++++ ENTRIES PROVIDED ++++

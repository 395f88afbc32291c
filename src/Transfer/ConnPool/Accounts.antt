-- ===== src/Transfer/ConnPool/Accounts.antt =====
-- The books of a pool of internal/transfer/connpool.go: who has each connection, and how many
-- there are.
use sfync.Base.{ℕ, max, ◌≤◌, ◌≡◌, ◌+◌, []}
use sfync.Base.{true, if◌then◌else◌, length, count, arith}
use sfync.Base.{count-remove, length-remove, count-append, length-append, nat_eq}
use sfync.Transfer.ConnPool.{
  acquire_pass, dial_made, dial_failed, release, try_acquire_idle, close_all,
}
use sfync.Transfer.ConnPool.Run.{
  System, init, init_seeded, Step, pass, made_it, failed, releases, tries, closes, Reach, empty,
  seeded, next,
}

-- How often a connection stands in the books.
abbrev pub places : ℕ → System → ℕ
places c s = count c s.pool.idle + count c s.leased + count c s.gone

pub record Inv (limit : ℕ) (s : System) : Type 0 where
  pub opened : s.pool.open_count ≡ length s.pool.idle + length s.leased + s.dials
  pub dialed : s.pool.dialing ≡ s.dials
  pub floor : 1 ≤ s.pool.limit
  pub ceiling : s.pool.open_count ≤ s.pool.limit
  pub lowered : s.pool.limit ≤ max limit 1
  pub shut : s.pool.closed ≡ true → s.pool.idle ≡ []
  pub total : length s.pool.idle + length s.leased + length s.gone ≡ s.made
  pub told_once : s.caps ≡ (if s.pool.capped then 1 else 0)

-- No connection is in two places.
abbrev pub Single : System → Type 0
Single s = (c : ℕ) → places c s ≤ 1

Step-Inv : (limit : ℕ) {s t : System} → Step s t → Inv limit s → Inv limit t
unfolding acquire_pass dial_made dial_failed release try_acquire_idle close_all
Step-Inv limit {s = s} (pass w) i = ground arith
Step-Inv limit {s = s} (made_it c h f) i = ground arith
Step-Inv limit {s = s} (failed e h) i = ground arith
Step-Inv limit {s = s} (releases c b h) i = ground (arith, length-remove c s.leased h)
Step-Inv limit {s = s} tries i = ground arith
Step-Inv limit {s = s} closes i = ground (arith, length-append s.pool.idle s.gone)

Step-Single : {s t : System} → Step s t → Single s → Single t
unfolding acquire_pass dial_made dial_failed release try_acquire_idle close_all
Step-Single {s = s} (pass w) u c = ground (arith, u c)
Step-Single {s = s} (made_it d h f) u c = ground (arith, u c)
Step-Single {s = s} (failed e h) u c = ground (arith, u c)
Step-Single {s = s} (releases d b h) u c = ground (arith, u c, count-remove c d s.leased h)
Step-Single {s = s} tries u c = ground (arith, u c)
Step-Single {s = s} closes u c = ground (arith, u c, count-append c s.pool.idle s.gone)

init-Inv : (limit : ℕ) → Inv limit (init limit)
unfolding init
init-Inv limit = ground arith

init_seeded-Inv : (limit c : ℕ) → Inv limit (init_seeded limit c)
unfolding init_seeded
init_seeded-Inv limit c = ground arith

init-Single : (limit : ℕ) → Single (init limit)
unfolding init
init-Single limit c = omega arith

init_seeded-Single : (limit c : ℕ) → Single (init_seeded limit c)
unfolding init_seeded
init_seeded-Single limit c d = ground arith

-- However the goroutines interleave: the pool counts as open what is idle, leased or being
-- dialed, as dialing what is being dialed, and never more than its limit, which lies between 1
-- and what was configured (or 1); a closed pool keeps nothing idle; each connection that was
-- made is idle, leased or closed; `onCap` is called when the pool is capped, and once.
pub Reach-Inv : {limit : ℕ} {s : System} → Reach limit s → Inv limit s
Reach-Inv {limit = l} empty = init-Inv l
Reach-Inv {limit = l} (seeded c) = init_seeded-Inv l c
Reach-Inv {limit = l} (next r st) = Step-Inv l st (Reach-Inv r)

-- A connection is never leased twice, nor leased while it is idle or after it was closed, nor
-- closed twice.
pub Reach-Single : {limit : ℕ} {s : System} → Reach limit s → Single s
Reach-Single {limit = l} empty = init-Single l
Reach-Single {limit = l} (seeded c) = init_seeded-Single l c
Reach-Single (next r st) = Step-Single st (Reach-Single r)

-- When a closed pool's leases have been released and its dials have ended, every connection that
-- was ever made has been closed.
pub closed_leaks_nothing :
    (limit : ℕ) (s : System)
    → Reach limit s
    → s.pool.closed ≡ true
    → s.leased ≡ []
    → s.dials ≡ 0
    → (length s.gone ≡ s.made) × (s.pool.open_count ≡ 0)
closed_leaks_nothing limit s r c l d = let i = Reach-Inv r in ground (arith, i.shut c)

++++

(ACTION ITEM):
Determine the number of lines in the material above that include the word "remove". Give that number and no other text.

(ANSWER):
3